It was on the heels of a riotous, night-long "initiation'' at the barracks that reality, Bermuda-style, shook a hungover McCormack from sleep on his second morning on the Island. The way he tells it, what began as a serious incident unravelled into a Monty Phythonesque farce.

"There was a tremendous din in the barracks and we were awakened to the sound of the sergeant piling us all into the truck with batons, gas-masks and steel helmets, saying there was a riot in the Hamilton prison!'' he remembers. "It was laughable more than anything else. The Deputy Police Commissioner, Max Bronte-Parker, was the consummate gentleman and he led the charge into the prison. But it fizzled quickly because one of the tear gas experts threw a cannister ahead of us and it bounced off the cell block wall. We were the ones who were gassed - and the prisoners were killing themselves laughing. That's how the riot ended. It was rather a fearsome situation!'' He has another yarn about the attempted arrest of the family of Rafael Trujillo, the assassinated dictator of the Dominican Republic. The Trujillos had fled aboard the family yacht, Angelica, with Trujillo's body allegedly in her deep freeze, and berthed in Bermuda on their way to Spain. "They were trying to escape with all their treasures, and we tried to stop them, but we were unsuccessful,'' McCormack says. "The funny part was that one detective, who shall remain nameless, did make his way on board the ship - and was promptly tossed over the side.'' If McCormack makes his experiences sound like a bad B-movie, he doesn't mean it in any disparaging way. In those heady days, the Island had fewer tourists, it suffered from minimal crime (mostly break-ins and fraud cases), andHamilton was free of even the most basic of urban trappings like traffic light. "For me, Bermuda was a milestone,'' he beams. "But it was too comfortable - that's the feeling you got.'' What he cherished most, as he pores over albums of faded black-and-white photos, is the esprit de corps he found among local and British-born officers alike. "There was a real camaraderie,'' he says. "And the Bermudian people were fantastic.'' From a policing point of view, Traffic Division was the most sought-after by the rookies. "You had the whole Island,'' McCormack explains. That's where he kicked off his stint, but a short time later was offered a district constable's job in Hamilton and Smith's parishes. He spent a year in St.

George's, before moving back to Central District where he walked the beat in Hamilton for a couple of years.

McCormack met and married his Canadian wife, Jean, in Bermuda. She was a bank employee living on the Island when McCormack and his partner, Rick Hodgson - another Briton who's now a retired Ontario Provincial Police Superintendent in the Metro area - pulled her over for a faulty moped light. The couple returned to Toronto in 1960, a move that catapulted his career far beyond his wildest expectations.
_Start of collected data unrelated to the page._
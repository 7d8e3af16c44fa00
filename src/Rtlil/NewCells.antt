-- ===== src/Rtlil/NewCells.antt =====
-- What RTLIL documents of `addCell` and of attributes: the new cell was not in the module
-- before, has its type, and the ports of the other cells stay.
use tamara.Common.{◌≡◌, ◌≢◌, ◌↔◌, ◌⊎◌, In, String}
use tamara.Rtlil.Kernel.{AnyPtr, Kernel}

module _ (k : Kernel) where
  open k use {
    Wire, Cell, SigSpec, Module, add_cell, cell_type, cell_connections, set_bool_attribute, cells,
    next_index, set_port,
  }

  pub record NewCells : Type 0 where
    pub cell_type-add_cell :
        (name type : String) (m : Module) → cell_type (add_cell name type m).0 ≡ type
    pub add_cell-ports :
        (name type : String) (m : Module) (d : Cell)
        → (add_cell name type m).0 ≢ d
        → cell_connections (add_cell name type m).1 d ≡ cell_connections m d
    pub set_bool_attribute-ports :
        (x : AnyPtr Wire Cell) (name : String) (m : Module) (d : Cell)
        → cell_connections (set_bool_attribute x name m) d ≡ cell_connections m d
    pub add_cell-new : (name type : String) (m : Module) → ¬ In (add_cell name type m).0 (cells m)
    pub add_cell-cells :
        (name type : String) (m : Module) (d : Cell)
        → In d (cells (add_cell name type m).1) ↔ (In d (cells m) ⊎ ((add_cell name type m).0 ≡ d))
    pub next_index-cells : (m : Module) → cells (next_index m).1 ≡ cells m
    pub set_port-cells :
        (c : Cell) (name : String) (s : SigSpec) (m : Module)
        → cells (set_port c name s m) ≡ cells m
    pub set_bool_attribute-cells :
        (x : AnyPtr Wire Cell) (name : String) (m : Module)
        → cells (set_bool_attribute x name m) ≡ cells m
Family is important to McCormack; his wife, two daughters and three sons (four of whom followed their father into the Metro force), are his strength during tough times, he readily admits.

Still, McCormack doubted the wisdom of leaving Bermuda at first. "My first night out on duty, I was standing at the corner of Yonge and St. Clair, at the beginning of January. There was about four feet of snow on the ground. It was nine degrees below zero. And I seriously thought, I should have the intelligence to go right now to a psychiatrist!'' But he didn't look back.
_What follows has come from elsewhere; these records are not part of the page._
-- ===== src/Sample/Laws.antt =====
-- The laws of attributes and ports on the sample netlist.
use text.Mathlib.TextEquality.{eq_iff}
use tamara.Common.{
  In-snoc, ◌∷◌, [], List, String, refl, Option, ◌≢◌, is_some, ◌≡◌, true, arith, some, false,
}
use tamara.Rtlil.Attributes.{Attributes, Has, Copies}
use tamara.Sample.Objects.{name_of, another-new}
use tamara.Rtlil.NewCells.{NewCells}
use tamara.Rtlil.Ports.{Ports, signal_at, port_names}
use tamara.Sample.Netlist.{
  kernel, Netlist, Item, Object, Signal, copy_attribute, replace_port, same_object_iff, set_mark,
  same_item_iff, renamed, object, numbered, another,
}

pub set-Has :
    (x : Item) (name value : String) (m : Netlist) → Has kernel (set_mark x name value m) x name
set-Has x name value m = ground (arith, same_item_iff x x, eq_iff name name)

pub set-keeps :
    (x : Item) (name value : String) (m : Netlist) (y : Item) (other : String)
    → Has kernel m y other
    → Has kernel (set_mark x name value m) y other
set-keeps x name value m y other h = ground arith

pub copy-keeps :
    (old new : Item) (attribute : Item → String → Option String) (y : Item) (other : String)
    → is_some (attribute y other) ≡ true
    → is_some (copy_attribute old new attribute y other) ≡ true
copy-keeps old new attribute y other h = ground arith

abbrev pub attributes : Attributes kernel
attributes = record {
  set_bool_attribute-Has = λ x name m. set-Has x name "1" m;
  set_string_attribute-Has = set-Has;
  set_bool_attribute-keeps = λ x name m. set-keeps x name "1" m;
  set_string_attribute-keeps = set-keeps;
  copy_wire-keeps = λ name w m y other h. copy-keeps _ _ m.attribute y other h;
  copy_cell-keeps = λ name c m y other h. copy-keeps _ _ m.attribute y other h;
}

pub renamed_name : (name : String) (o : Object) → name_of (renamed name o) ≡ name
renamed_name name (object n t w i out) = refl
renamed_name name (numbered k o) = renamed_name name o

abbrev pub copies : Copies kernel
copies = record {
  copy_wire-name = λ name w m. renamed_name name w;
  copy_cell-name = λ name c m. renamed_name name c;
}

replace_port-at :
    (name : String) (s : Signal) (ports : List (String × Signal))
    → signal_at name (replace_port name s ports) ≡ some s
replace_port-at name s [] = ground (arith, eq_iff name name)
replace_port-at name s ((n, t) ∷ ports) =
    ground (arith, eq_iff n name, replace_port-at name s ports)

replace_port-other :
    (name other : String) (s : Signal) (ports : List (String × Signal))
    → name ≢ other
    → signal_at other (replace_port name s ports) ≡ signal_at other ports
replace_port-other name other s [] ne = ground (arith, eq_iff name other)
replace_port-other name other s ((n, t) ∷ ports) ne =
    ground (arith, eq_iff n name, eq_iff n other, replace_port-other name other s ports ne)

abbrev ports_after : Object → String → Signal → Netlist → Object → List (String × Signal)
ports_after c name s m d = kernel.cell_connections (kernel.set_port c name s m) d

pub set_port-at :
    (c : Object) (name : String) (s : Signal) (m : Netlist)
    → signal_at name (ports_after c name s m c) ≡ some s
set_port-at c name s m = rw ((same_object_iff c c).1 refl) (replace_port-at name s (m.ports c))

pub set_port-name :
    (c : Object) (name other : String) (s : Signal) (m : Netlist)
    → name ≢ other
    → signal_at other (ports_after c name s m c) ≡ signal_at other (m.ports c)
set_port-name c name other s m ne =
    rw ((same_object_iff c c).1 refl) (replace_port-other name other s (m.ports c) ne)

pub set_port-cell :
    (c d : Object) (name : String) (s : Signal) (m : Netlist)
    → c ≢ d
    → ports_after c name s m d ≡ m.ports d
set_port-cell c d name s m ne = ground (arith, same_object_iff c d)

replace_port-names :
    (name : String) (s old : Signal) (ports : List (String × Signal))
    → signal_at name ports ≡ some old
    → port_names (replace_port name s ports) ≡ port_names ports
replace_port-names name s old [] there = cc
replace_port-names name s old ((n, t) ∷ ports) there =
    ground (arith, eq_iff n name, replace_port-names name s old ports)

pub set_port-names :
    (c : Object) (name : String) (s old : Signal) (m : Netlist)
    → signal_at name (m.ports c) ≡ some old
    → port_names (ports_after c name s m c) ≡ port_names (m.ports c)
set_port-names c name s old m there =
    rw ((same_object_iff c c).1 refl) (replace_port-names name s old (m.ports c) there)

abbrev pub port_laws : Ports kernel
port_laws = record {
  signal_at-set_port = set_port-at;
  signal_at-set_port_name = set_port-name;
  set_port-other = set_port-cell;
  add_wire-ports = λ name n m c. refl;
  next_index-ports = λ m c. refl;
  connect-ports = λ l r m c. refl;
  width-new_wire = λ name n m. refl;
  port_names-set_port = set_port-names;
  size-of_wire = λ w. refl;
  add_wire-new = λ name n m. another-new (object name "" n false false) m.wires;
  add_wire-wires = λ name n m w. In-snoc w _ m.wires;
  next_index-wires = λ m. refl;
  set_port-wires = λ c name s m. refl;
}

pub add_cell-ports :
    (name type : String) (m : Netlist) (d : Object)
    → (kernel.add_cell name type m).0 ≢ d
    → kernel.cell_connections (kernel.add_cell name type m).1 d ≡ kernel.cell_connections m d
add_cell-ports name type m d apart =
    ground (arith, same_object_iff (another m.cells (object name type 0 false false)) d)

abbrev pub new_cells : NewCells kernel
new_cells = record {
  cell_type-add_cell = λ name type m. refl;
  add_cell-ports = add_cell-ports;
  set_bool_attribute-ports = λ x name m d. refl;
  add_cell-new = λ name type m. another-new (object name type 0 false false) m.cells;
  add_cell-cells = λ name type m d. In-snoc d _ m.cells;
  next_index-cells = λ m. refl;
  set_port-cells = λ c name s m. refl;
  set_bool_attribute-cells = λ x name m. refl;
}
What followed was his steady rise through Metro's ranks: He became plainclothes officer at 29, detective at 34, detective-sergeant at 42, inspector at 46, superintendent of public affairs at 50, deputy-chief at 52 - and finally, chief at 56. He is typically modest about his success: "I suppose I was just lucky, in the right place at the right time, doing the things I wanted to do.'' McCormack spent the lion's share of those years as a homicide detective, a job that underscored the hard-core nature of his urban beat. "In Bermuda, a homicide would make headlines all year; in Toronto you and your partner would deal with at least 10 to 20 murders annually. It was a real challenge. Policing grew suddenly more fascinating for McCormack, and it was now that he realised it would be his whole life.

Such a notion would have come as a rude shock to the young William Joseph McCormack, born above a police station February 21, 1933, on the island of Mauritius, in the Indian Ocean. His Irish father served on the British colonial police force and McCormack spent his first 18 years there. He points to a snapshot of himself at age four, sporting a turban and a serious expression as he stands dwarfed between two Sikh officers.

McCormack never wanted to be a police officer. "It was the furthest thing from my mind,'' he insists. So, he spent two years in the British Merchant Navy before deciding to "swallow the anchor'' and went to work as a salesman in Harrod's department store in London. "They treated you like you were still in the service,'' he says. "Examined your nails in the morning and made sure you had a crease in your pants. It was very regimented.'' Soon afterward, his father suggested he give policing a try. He found out Bermuda was seeking recruits; he applied and was accepted. Bermuda may not have given him the tough tutoring Toronto did, but serving on the colonial force was a lesson in diplomacy that stood him well during his later trials as chief.

These days, McCormack is constantly caught in the crossfire between rebellious officers, legislators eager to impress as politically-correct, and a Metro Police Services board accused on many occasions of kowtowing to demands from special interest groups over the interests of Metro officers and the public at large.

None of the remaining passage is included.